I talked about looking for workarounds like using a generic time query filter value in: https://github.com/ioos/compliance-checker/issues/804#issue-614304533.

For the WQB-04 dataset, the obs dimension response varies depending on what filter criteria are passed for time in these two requests:

https://pae-paha.pacioos.hawaii.edu/erddap/tabledap/WQB-04.ncCFHeader?&time%3E=2020-07-06T16:00:00Z https://pae-paha.pacioos.hawaii.edu/erddap/tabledap/WQB-04.ncCFHeader?&time%3E=2020-06-06T16:00:00Z

For the IOOS 1.2 Platform check, we need to get this dimension information, but I don't think we need to read any of the array/table data itself, at least, so maybe there's a solution here. Just wanted to note these issues though.

Not sure on your data type questions, sorry!
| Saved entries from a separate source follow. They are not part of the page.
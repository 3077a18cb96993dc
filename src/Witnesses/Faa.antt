-- ===== src/Witnesses/Faa.antt =====
-- The theorems on the FAA rules and the flight review, applied to concrete data.
use ninerlog_api.Base.{◌+◌, ◌-◌, ◌≤◌, ◌≡◌, refl, ◌↔◌, ◌⊎◌, true, some, []}
use ninerlog_api.Clock.{midnight}
use ninerlog_api.Models.{ir}
use ninerlog_api.Currency.Types.{current}
use ninerlog_api.Currency.Engine.{fetch_progress, start_runtime, since_rolling}
use ninerlog_api.Currency.Engine.{add_progress}
use ninerlog_api.Base.{false, ◌<◌, ◌*◌}
use ninerlog_api.Clock.{day_ns}
use ninerlog_api.Models.{glider}
use ninerlog_api.Models.Expiry.{is_expired_at}
use ninerlog_api.Currency.Types.{expiring, expired}
use ninerlog_api.Currency.Faa.{faa_instrument_rule, faa_glider_rule}
use ninerlog_api.Currency.Faa.Decisions.{
  Splits, InstrumentExperience, faa_status, faa_glider-Splits, faa_instrument-Splits,
}
use ninerlog_api.Currency.FlightReview.{
  review_expires_on, evaluate_flight_review, faa_flight_review_status_lem,
}
use ninerlog_api.Witnesses.{today, pilot, rated, flown, logbook}

faa_glider-Splits_example :
    Splits
      (faa_status
        (midnight today)
        (rated glider)
        pilot
        []
        (logbook flown)
        (midnight today)
        flown
        faa_glider_rule)
      (3 ≤ 20)
      ⊥
      (20 < 3)
unfolding fetch_progress start_runtime faa_glider_rule add_progress since_rolling
faa_glider-Splits_example =
    faa_glider-Splits (midnight today) (rated glider) pilot [] (logbook flown) (midnight today)
      flown refl

faa_instrument-Splits_example :
    Splits
      (faa_status
        (midnight today)
        (rated ir)
        pilot
        []
        (logbook flown)
        (midnight today)
        flown
        faa_instrument_rule)
      ((is_expired_at (rated ir) (midnight today) ≡ false) × InstrumentExperience flown)
      ((is_expired_at (rated ir) (midnight today) ≡ false)
        × ¬ InstrumentExperience flown
        × InstrumentExperience flown)
      ((is_expired_at (rated ir) (midnight today) ≡ true)
        ⊎ (¬ InstrumentExperience flown × ¬ InstrumentExperience flown))
unfolding fetch_progress start_runtime faa_instrument_rule since_rolling
faa_instrument-Splits_example =
    faa_instrument-Splits (midnight today) (rated ir) pilot [] (logbook flown) (midnight today)
      flown refl

-- The review of 2025-10-07 expires on 2027-10-31.
faa_flight_review_status_lem_example :
    let r = evaluate_flight_review (midnight today) 7 (logbook flown) in
    let end_of_validity = midnight (review_expires_on (midnight (today - 100)) + 1) in
    (r.expires_on ≡ some (review_expires_on (midnight (today - 100))))
    × ((r.status ≡ expired) ↔ (end_of_validity ≤ midnight today))
    × ((r.status ≡ expiring)
        ↔ ((midnight today < end_of_validity) × (end_of_validity < midnight today + 91 * day_ns)))
    × ((r.status ≡ current) ↔ (midnight today + 91 * day_ns ≤ end_of_validity))
faa_flight_review_status_lem_example =
    faa_flight_review_status_lem (midnight today) (midnight (today - 100)) 7 (logbook flown) refl
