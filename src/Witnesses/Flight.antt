-- ===== src/Witnesses/Flight.antt =====
-- The theorems on flights and their calculation, applied to concrete flights.
use mathlib.Core.List.{Permᴰ}
use ninerlog_api.Base.{
  ℕ, ◌≡◌, ◌↔◌, ◌⊎◌, ◌≤◌, ◌-◌, ◌/◌, ◌==◌, refl, true, false, none, some, List, [], ◌∷◌, arith,
  if◌then◌else◌,
}
use ninerlog_api.Base.Int.{pos, ◌≤ℤ◌, ◌+ℤ◌}
use ninerlog_api.Base.Text.{Text, codes, text_eq}
use ninerlog_api.Clock.{midnight}
use ninerlog_api.Flight.{
  CrewMember, pic, passenger, Flight, validate_time_distribution, function_time, is_given,
}
use ninerlog_api.Flight.Coherence.{Coherent, CoherentSession, validate_time_distribution-Coherent}
use ninerlog_api.FlightRules.Names.{normalize_name, matches_user}
use ninerlog_api.FlightRules.Names.Matching.{matches_user_lem}
use ninerlog_api.FlightRules.Roles.{
  role_sic, classify_crew, may_log_co_pilot_time, has_declared_function_time, determine_role,
  is_multi_pilot_operation,
}
use ninerlog_api.FlightRules.Roles.Decisions
use ninerlog_api.FlightRules.Roles.Order.{determine_role-Perm}
use ninerlog_api.FlightRules.Fstd.{effective_ifr_time}
use ninerlog_api.FlightRules.Fstd.Ifr.{effective_ifr_time_lem}
use ninerlog_api.FlightRules.Fstd.Columns.{easa_columns, faa_columns, columns_lem}
use ninerlog_api.FlightCalc.Times.{
  minute_ns, parse_clock, parse_time_of_day, instant_on, instants_of, block_minutes,
}
use ninerlog_api.FlightCalc.Times.Windows.{Ordered, instants_of-Ordered, block_minutes-instants_of}
use ninerlog_api.FlightCalc.Steps.{World, count_night, night_fuel, declared_function_time}
use ninerlog_api.FlightCalc.Steps.Night.{nights, minutes_begun, count_night_lem}
use ninerlog_api.FlightCalc.Apply.{recover_total, apply_auto_calculations}
use ninerlog_api.FlightCalc.Apply.Sessions.{session_lem}
use ninerlog_api.FlightCalc.Apply.Passengers.{LogsNothing, passenger_lem}
use ninerlog_api.FlightCalc.Apply.Pilots.{pilot_valid, pilot_decomposes}

-- Every airport is known; it is night before 06:00.
abbrev world : World
world = record {
  Airport = ℕ;
  lookup = λ icao. some 1;
  is_night = λ t ap. false;
  is_night_between = λ dep arr ap t. true;
  haversine_nm = λ a b. 1234;
}

abbrev pub user : Text
user = codes "Amelia Earhart"

-- A flight from 22:30 to 00:15, its total yet to be recovered.
abbrev overnight : Flight
overnight = record {
  user_id = 7;
  date = midnight 739000;
  aircraft_reg = codes "D-EABC";
  aircraft_type = codes "C172";
  departure_icao = some (codes "EDDF");
  arrival_icao = some (codes "eddm");
  off_block_time = some (codes "22:30");
  on_block_time = some (codes "00:15:30");
  departure_time = some (codes "22:40");
  arrival_time = some (codes "0:05");
  total_time = pos 0;
  is_pic = false;
  is_dual = false;
  pic_time = pos 0;
  dual_time = pos 0;
  night_time = pos 0;
  ifr_time = pos 0;
  landings_day = pos 1;
  landings_night = pos 0;
  all_landings = pos 1;
  takeoffs_day = pos 0;
  takeoffs_night = pos 0;
  route = none;
  solo_time = pos 0;
  cross_country_time = pos 0;
  distance = 0;
  takeoffs_day_override = false;
  takeoffs_night_override = false;
  landings_day_override = false;
  landings_night_override = false;
  sic_time_override = false;
  multi_pilot_time_override = false;
  night_time_override = false;
  cross_country_time_override = false;
  instructor_name = none;
  pic_name = none;
  sic_time = pos 0;
  dual_given_time = pos 0;
  simulated_flight_time = pos 0;
  multi_pilot_time = pos 0;
  picus_time = pos 0;
  spic_time = pos 0;
  examiner_time = pos 0;
  relief_time = pos 0;
  fstd_type = none;
  is_simulator = false;
  is_passenger = false;
  actual_instrument_time = pos 20;
  simulated_instrument_time = pos 0;
  holds = pos 0;
  approaches_count = pos 0;
  approaches = [];
  launch_method = none;
  crew_members = [];
  is_ipc = true;
  is_flight_review = false;
  is_proficiency_check = false;
  endorsements = none;
  remarks = some (codes "VFR");
}

abbrev pub with_crew : List CrewMember → Flight
with_crew ms = record overnight { crew_members = ms }

abbrev pub other_pic : CrewMember
other_pic = record { name = codes "Bessie Coleman"; role = pic }

abbrev guest : CrewMember
guest = record { name = codes "Guest"; role = passenger }

-- An FSTD session that still holds values of a flight.
abbrev session : Flight
session = record overnight {
  is_simulator = true;
  fstd_type = some (codes "FNPT II");
  simulated_flight_time = pos 60;
  pic_time = pos 90;
}

pilot_valid_example :
    validate_time_distribution (apply_auto_calculations world user none overnight) ≡ none
unfolding determine_role classify_crew may_log_co_pilot_time has_declared_function_time
    recover_total declared_function_time ◌+ℤ◌ block_minutes
pilot_valid_example = pilot_valid world user none overnight refl refl (record {
  fits = record { room = omega arith; co_pilot = omega arith; co_pilot_room = omega arith };
  total = omega arith;
  picus = omega arith;
  spic = omega arith;
  relief = omega arith;
  examiner = (omega arith, omega arith);
  night = (omega arith, omega arith);
  cross_country = (omega arith, omega arith);
  dual_given = (omega arith, omega arith);
  landings_day = omega arith;
  landings_night = omega arith;
  all_landings = omega arith;
})

pilot_decomposes_example :
    (function_time (apply_auto_calculations world user none overnight)
      ≡ (apply_auto_calculations world user none overnight).total_time)
    × ((apply_auto_calculations world user none overnight).total_time
        ≡ (recover_total overnight).total_time)
unfolding determine_role classify_crew may_log_co_pilot_time has_declared_function_time
    recover_total declared_function_time ◌+ℤ◌ block_minutes
pilot_decomposes_example = pilot_decomposes world user none overnight refl refl refl (omega arith)

passenger_lem_example :
    LogsNothing (apply_auto_calculations world user none (with_crew (other_pic ∷ guest ∷ [])))
unfolding determine_role classify_crew matches_user may_log_co_pilot_time has_declared_function_time
    recover_total text_eq
passenger_lem_example = passenger_lem world user none (with_crew (other_pic ∷ guest ∷ [])) refl refl

session_lem_example :
    (validate_time_distribution (apply_auto_calculations world user none session) ≡ none)
    ↔ ((is_given session.fstd_type ≡ true) × (pos 1 ≤ℤ session.simulated_flight_time))
session_lem_example = session_lem world user none session refl

validate_time_distribution-Coherent_example : (validate_time_distribution overnight ≡ none) ↔ (
    ((overnight.is_simulator ≡ false) × Coherent overnight)
    ⊎ ((overnight.is_simulator ≡ true) × CoherentSession overnight))
validate_time_distribution-Coherent_example = validate_time_distribution-Coherent overnight

count_night_lem_example :
    (count_night
        (λ t. true)
        (midnight 739001)
        (night_fuel (midnight 739000) (midnight 739001))
        (midnight 739000)
        0
      ≡ some (
          nights (λ t. true) (minutes_begun (midnight 739000) (midnight 739001)) (midnight 739000)))
    × (nights (λ t. true) (minutes_begun (midnight 739000) (midnight 739001)) (midnight 739000)
        ≤ minutes_begun (midnight 739000) (midnight 739001))
count_night_lem_example = count_night_lem (λ t. true) (midnight 739000) (midnight 739001)

instants_of-Ordered_example : Ordered (instants_of overnight)
unfolding instants_of parse_clock parse_time_of_day instant_on
instants_of-Ordered_example = instants_of-Ordered overnight (omega arith) (omega arith)

block_minutes-instants_of_example : block_minutes overnight ≡ (
    if (instants_of overnight).on_block == (instants_of overnight).off_block
    then pos 1440
    else pos (((instants_of overnight).on_block - (instants_of overnight).off_block) / minute_ns))
unfolding instants_of parse_clock parse_time_of_day instant_on
block_minutes-instants_of_example = block_minutes-instants_of overnight (omega arith) (omega arith)

determine_role-Fits_example :
    Decisions.Fits
      (with_crew (other_pic ∷ []))
      user
      none
      (determine_role (with_crew (other_pic ∷ [])) user none)
determine_role-Fits_example = Decisions.determine_role-Fits (with_crew (other_pic ∷ [])) user none

determine_role-Perm_example :
    (determine_role (with_crew (guest ∷ other_pic ∷ [])) user none
      ≡ determine_role (with_crew (other_pic ∷ guest ∷ [])) user none)
    × (is_multi_pilot_operation (with_crew (guest ∷ other_pic ∷ [])) role_sic none
        ≡ is_multi_pilot_operation (with_crew (other_pic ∷ guest ∷ [])) role_sic none)
determine_role-Perm_example =
    determine_role-Perm (with_crew (other_pic ∷ guest ∷ [])) user none role_sic
      (guest ∷ other_pic ∷ []) ∣ Permᴰ.swap refl refl ∣₁

columns_lem_example :
    (easa_columns overnight ≡ faa_columns overnight)
    × (easa_columns overnight ≤ℤ overnight.total_time)
unfolding validate_time_distribution ◌+ℤ◌
columns_lem_example = columns_lem overnight refl refl

effective_ifr_time_lem_example :
    (pos 0 ≤ℤ effective_ifr_time overnight)
    × (effective_ifr_time overnight ≤ℤ overnight.total_time)
    × (effective_ifr_time (record overnight { ifr_time = effective_ifr_time overnight })
        ≡ effective_ifr_time overnight)
effective_ifr_time_lem_example = effective_ifr_time_lem overnight (omega arith)

matches_user_lem_example :
    (matches_user (codes " earhart,  AMELIA") user ≡ matches_user user (codes " earhart,  AMELIA"))
    × (matches_user (normalize_name (codes " earhart,  AMELIA")) (normalize_name user)
        ≡ matches_user (codes " earhart,  AMELIA") user)
matches_user_lem_example = matches_user_lem (codes " earhart,  AMELIA") user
ocefpaf commented 4 years ago

The file download size won't be excessive since it's just metadata (like it might be for the equivalent .ncCF format), but the server may still need to read a lot of source files to generate the response.

You are right. I never thought about that but the creation of that info on a file slice request can be demanding on the server side!
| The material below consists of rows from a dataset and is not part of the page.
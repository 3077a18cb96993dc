-- ===== src/Witnesses/Pax.antt =====
-- The theorems on passenger currency and its lapse dates, applied to concrete data.
use ninerlog_api.Base.{◌-◌, ◌≤◌, ◌≡◌, refl, ◌↔◌, ◌⊎◌, true, none, some, [], arith}
use ninerlog_api.Clock.{Instant, midnight}
use ninerlog_api.Models.{sep_land}
use ninerlog_api.Currency.Pax.{pax_lapse_date}
use ninerlog_api.Currency.Pax.Lapse.{
  LapseAnswers, days_until, pax_met_at-IsMonotone, pax_lapse_date-LapseAnswers,
}
use ninerlog_api.Currency.Lapse.Rounds.{Answers, last_current_day-Answers}
use ninerlog_api.Currency.Lapse.{last_current_day, lapse_search_floor, max_lapse_search_rounds}
use ninerlog_api.Currency.Pax.{pax_totals}
use ninerlog_api.Currency.Pax.Easa.{easa_night_privilege, has_valid_ir_rating, gpl_shortfall}
use ninerlog_api.Currency.Pax.Statuses.{DaySays, NightSays, easa_pax, easa_pax_lem}
use ninerlog_api.Currency.Pax.{all_landings, pax_met_at, pax_expiry_date}
use ninerlog_api.Currency.Pax.Expiry.{pax_expiry_date-pax_met_at}
use ninerlog_api.Witnesses.{today, pilot, flown, landed, logbook}

pax_expiry_date-pax_met_at_example :
    (pax_met_at landed 3 all_landings none today today ≡ true)
    ↔ ((t : Instant) × ((pax_expiry_date landed 3 all_landings ≡ some t) × (midnight today ≤ t)))
pax_expiry_date-pax_met_at_example =
    pax_expiry_date-pax_met_at landed 3 all_landings today today (omega arith) (omega arith)
      (omega arith, (tt, tt)) (omega arith, (omega arith, tt))

pax_lapse_date-LapseAnswers_example :
    LapseAnswers landed 3 all_landings none today
      (pax_lapse_date landed 3 all_landings none (midnight today))
pax_lapse_date-LapseAnswers_example =
    pax_lapse_date-LapseAnswers landed 3 all_landings none (midnight today) (omega arith, (tt, tt))
      (omega arith)

last_current_day-Answers_example :
    Answers
      (pax_met_at landed 3 all_landings none)
      (λ until. days_until (midnight until) landed)
      lapse_search_floor
      max_lapse_search_rounds
      (today - 1)
      (last_current_day today lapse_search_floor
        (λ d u. some (pax_met_at landed 3 all_landings none d u)))
last_current_day-Answers_example =
    last_current_day-Answers
      (pax_met_at-IsMonotone landed 3 all_landings none (omega arith, (tt, tt))) today

easa_pax_lem_example :
    DaySays (easa_pax true (midnight today) sep_land pilot [] (logbook flown)) 4 0
    × NightSays
        (easa_pax true (midnight today) sep_land pilot [] (logbook flown)).night_status
        (easa_night_privilege sep_land pilot)
        ((has_valid_ir_rating [] (midnight today) ≡ true) ⊎ (1 ≤ 1))
unfolding pax_totals gpl_shortfall
easa_pax_lem_example =
    easa_pax_lem true (midnight today) sep_land pilot [] (logbook flown) landed 0 refl refl
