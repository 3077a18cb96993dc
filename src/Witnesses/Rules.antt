-- ===== src/Witnesses/Rules.antt =====
-- The theorems on PIC names and on the logbook rules, applied to concrete data.
use ninerlog_api.Base.{
  ◌||◌, true, false, ◌≡◌, ◌≤◌, ◌==◌, refl, List, [], ◌∷◌, All, any, is_empty, arith,
}
use ninerlog_api.Base.Int.{pos}
use ninerlog_api.Base.Text.{codes, text_eq}
use ninerlog_api.Clock.{midnight}
use ninerlog_api.FlightRules.PicName.{resolve_pic_name_for_save, display_pic_name}
use ninerlog_api.FlightRules.PicName.Saved.{pic_name_lem}
use ninerlog_api.FlightRules.LegacyCrew.{LegacyCrewInput, infer_legacy_crew}
use ninerlog_api.FlightRules.LegacyCrew.Completeness.{listed, names, infer_legacy_crew_lem}
use ninerlog_api.Base.{ℕ, ◌*◌, none}
use ninerlog_api.Duration.{Floats, format_colon_hm, minutes, parse_duration}
use ninerlog_api.Duration.RoundTrip.{parse_duration-format_colon_hm}
use ninerlog_api.LogbookRules.Registry.{
  Licence, rule_for, flight_day_end, window_deadline, assess, deadline,
}
use ninerlog_api.LogbookRules.Deadlines.{closes, deadline_lem}
use ninerlog_api.LogbookRules.Assessed.{matching, shortest, is_required, is_suggested, assess_lem}
use ninerlog_api.Witnesses.Flight.{user, other_pic, with_crew}

pic_name_lem_example :
    (resolve_pic_name_for_save
        (record (with_crew (other_pic ∷ [])) {
          pic_name = resolve_pic_name_for_save (with_crew (other_pic ∷ [])) user;
        })
        user
      ≡ resolve_pic_name_for_save (with_crew (other_pic ∷ [])) user)
    × (is_empty (display_pic_name (with_crew (other_pic ∷ [])) user)
        ≡ (with_crew (other_pic ∷ [])).is_simulator)
pic_name_lem_example = pic_name_lem (with_crew (other_pic ∷ [])) user

abbrev swiss : Licence
swiss = record {
  id = 1;
  regulatory_authority = codes "FOCA";
  license_type = codes "PPL";
  issuing_country = codes "ch";
}

abbrev australian : Licence
australian = record {
  id = 2;
  regulatory_authority = codes "CASA";
  license_type = codes "PPL";
  issuing_country = codes "AU";
}

abbrev both : List Licence
both = swiss ∷ australian ∷ []

assess_lem_example : assess both ≡ record {
  required = matching is_required both;
  suggested = matching is_suggested both;
  window = shortest (matching is_required both);
  overrides_downward_only = any (λ m. m.rule.downward_only_overrides) (matching is_required both);
}
assess_lem_example = assess_lem both

deadline_lem_example :
    All
      (λ m.
        deadline (assess both) (midnight 739000) (midnight 739001) (pos 10)
        ≤ closes (midnight 739000) (midnight 739001) (pos 10) m)
      (assess both).required
    × (any
          (λ m.
            deadline (assess both) (midnight 739000) (midnight 739001) (pos 10)
            == closes (midnight 739000) (midnight 739001) (pos 10) m)
          (assess both).required
        ≡ true)
unfolding assess rule_for text_eq window_deadline flight_day_end
deadline_lem_example =
    deadline_lem (midnight 739000) (midnight 739001) (pos 10) (assess both) refl
      (omega arith, (omega arith, tt))

-- A training flight whose instructor is named apart from the first person.
abbrev row : LegacyCrewInput
row = record {
  person1 = codes " Bessie Coleman ";
  person2 = codes "Amelia Earhart";
  person3 = [];
  person4 = [];
  person5 = [];
  person6 = codes "Guest";
  person1_role = [];
  person2_role = codes "SIC";
  person3_role = [];
  person4_role = [];
  person5_role = [];
  person6_role = codes "observer";
  instructor_name = codes "Hanna";
  has_dual_received = false;
  has_dual_given = false;
}

infer_legacy_crew_lem_example :
    All (λ n. (is_empty n || listed (infer_legacy_crew row) n) ≡ true) (names row)
    × All (λ m. is_empty m.name ≡ false) (infer_legacy_crew row)
infer_legacy_crew_lem_example = infer_legacy_crew_lem row

-- No float is read: the colon format does without.
abbrev no_floats : Floats
no_floats = record {
  Float = ℕ;
  zero_hours = 0;
  parse_float = λ s. none;
  parse_float_anyway = λ s. 0;
  is_below_zero = λ x. false;
  decimal_hours_to_minutes = λ x. pos (x * 60);
}

parse_duration-format_colon_hm_example :
    parse_duration no_floats (format_colon_hm (pos 754)) ≡ minutes (pos 754)
parse_duration-format_colon_hm_example = parse_duration-format_colon_hm no_floats 754 (omega arith)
Maybe we could use the dataset_id info response? It has probably a smaller server side footprint (Bob can probably say more about that). There are no ncHeader like responses for it though. There is a nc response but that is just the same table as CSV or JSON, which are lighter downloads.

I've been playing with constructing a nc-like object from that reponse: https://nbviewer.jupyter.org/gist/ocefpaf/ae0d650af68c0670e5f09d35c887129c

It is probably a long way from what compliance-checker needs though. And again, no data test would ne run, only metadata tests would work.
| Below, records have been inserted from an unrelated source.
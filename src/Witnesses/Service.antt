-- ===== src/Witnesses/Service.antt =====
-- The theorems on EvaluateAll (service.go), applied to concrete data.
use ninerlog_api.Base.{◌≡◌, refl, inl, inr, Option, none, some, List, [], ◌∷◌}
use ninerlog_api.Clock.{midnight}
use ninerlog_api.Models.{sep_land, ir, ClassRating, License}
use ninerlog_api.Base.{false}
use ninerlog_api.Base.{if◌then◌else◌}
use ninerlog_api.Base.{ℕ, ◌==◌}
use ninerlog_api.Base.Text.{codes}
use ninerlog_api.Currency.Service.{
  Evaluation, evaluator_for, get, default_registry, start, holds_part_fcl_tmg, eval_licenses,
  evaluate_all,
}
use ninerlog_api.Currency.Service.Loops.{all_results, evaluate_all-all_results}
use ninerlog_api.Currency.Service.Shown.{Shows}
use ninerlog_api.Currency.Service.Complete.{Some, evaluate_all-Shows}
use ninerlog_api.Currency.Service.Passengers.{OncePerKey, evaluate_all-OncePerKey}
use ninerlog_api.Witnesses.{today, pilot, rated, flown, logbook}

-- Two EASA licences with an SEP rating each, and the ratings of a third that cannot be read.
abbrev easa_license : ℕ → License
easa_license n = record pilot {
  id = n;
  regulatory_authority = codes "EASA";
  license_type = codes "PPL";
}

abbrev licenses : List License
licenses = easa_license 1 ∷ easa_license 2 ∷ easa_license 3 ∷ []

abbrev read_ratings : ℕ → Option (List ClassRating)
read_ratings n = if n == 3 then none else some (rated sep_land ∷ rated ir ∷ [])

abbrev evaluated : Evaluation
evaluated =
    eval_licenses default_registry false (midnight today) 7 (logbook flown) none
      (holds_part_fcl_tmg default_registry false (midnight today) 7 (logbook flown) none
        read_ratings licenses)
      read_ratings start licenses

evaluate_all-all_results_example :
    evaluated.ratings
    ≡ all_results default_registry false
        (midnight today)
        7
        (logbook flown)
        none
        (holds_part_fcl_tmg default_registry false
          (midnight today)
          7
          (logbook flown)
          none
          read_ratings
          licenses)
        read_ratings
        licenses
unfolding evaluate_all
evaluate_all-all_results_example =
    evaluate_all-all_results default_registry false (midnight today) 7 (logbook flown) none licenses
      read_ratings evaluated refl

evaluate_all-OncePerKey_example :
    OncePerKey default_registry false (midnight today) 7 (logbook flown) none evaluated
unfolding evaluate_all
evaluate_all-OncePerKey_example =
    evaluate_all-OncePerKey default_registry false (midnight today) 7 (logbook flown) none licenses
      read_ratings evaluated refl

evaluate_all-Shows_example : Some (Shows sep_land none (codes "EASA")) evaluated.passenger_currency
unfolding evaluate_all evaluator_for get default_registry
evaluate_all-Shows_example =
    evaluate_all-Shows default_registry false (midnight today) 7 (logbook flown) none licenses
      read_ratings evaluated (easa_license 2) (rated sep_land ∷ rated ir ∷ []) (rated sep_land) refl
      (inr (inl refl)) refl (inl refl) (λ h. cc) (λ h. cc) (inl (λ h. cc))
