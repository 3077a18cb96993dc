-- ===== src/Witnesses/Versions.antt =====
-- The theorem on versions, applied to two of them.
use ninerlog_api.Base.{◌≡◌, [], arith}
use ninerlog_api.Base.Text.{codes}
use ninerlog_api.Duration.{atoi}
use ninerlog_api.UpdateCheck.{Version, split_dots, compare_versions}
use ninerlog_api.UpdateCheck.Antisymmetry.{flip, flip-compare_versions}

abbrev candidate : Version
candidate = record { major = 1; minor = 4; patch = 0; prerelease = codes "rc.2" }

abbrev release : Version
release = record { major = 1; minor = 4; patch = 0; prerelease = [] }

flip-compare_versions_example :
    flip (compare_versions candidate release) ≡ compare_versions release candidate
unfolding split_dots atoi
flip-compare_versions_example =
    flip-compare_versions candidate release (tt, ((omega arith, omega arith), tt)) (tt, tt)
mwengren commented 4 years ago

@daltonkell @benjwadams Does the attribute dictionary response in @ocefpaf's notebook look useful for the IOOS 1.2 checker for ERDDAP datasets? We may still need dimension info in order to test the platform concept check, potentially.

Also, @benjwadams would this meet our needs in ioos/catalog-ckan#208 if it were built into erddapy directly?

daltonkell commented 4 years ago

@mwengren @ocefpaf's use of the https://geoport.usgs.esipfed.org/erddap/info/1051-A/index.html is very resourceful. Without the dimension information though, we are unable to test of the dataset is CF-DSG-compliant, which, if I recall correctly, was a pretty critical step in the IOOS-1.2 spec. It also doesn't really answer the problem of assuming attribute encoding like I mentioned earlier.

ocefpaf commented 4 years ago

I wonder if we should work upstream with ERDDAP developers to augment the info response with this metadata instead of working around it. What do you think?

daltonkell commented 4 years ago

@ocefpaf I'm 100% for collaboration. Perhaps we could reach out via the Google Group?

mwengren commented 4 years ago

ERDDAP Google Group would be a good call to begin with. I haven't seen much issue traffic in the ERDDAP GtiHub repo - probably partly to do with Bob being the primary/solo developer. He does respond typically on either however.

srstsavage commented 3 years ago

Hi all, checking in on this issue as we're working on a data ingestion pipline that will involve frequently running compliance-checker IOOS 1.2 checks against ERDDAP endpoints. Any thoughts on reducing the burden on remote ERDDAPs? Maybe just a non-ideal cchecker flag to skip any checks requiring lot of data loading until the situation can be improved on the ERDDAP side?

mwengren commented 3 years ago

@daltonkell Can you look into options for resolving this dimension checking issue while you're also investigating the CF FeatureType issues in this PR https://github.com/ioos/compliance-checker/pull/858.

They may not be related exactly, but this one has been lingering for awhile and a flag option as in @shane-axiom's suggestion would help make automated scans of ERDDAP servers for Metadata Profile 1.2 compliance a lot more performant.

If there isn't an ERDDAP-based fix for this in the works and we don't have a good workaround like time dimension filtering in CC to reduce ERDDAP sever CPU time to determine dataset DSG dimensionality, providing the option to skip those tests might be the best way to go.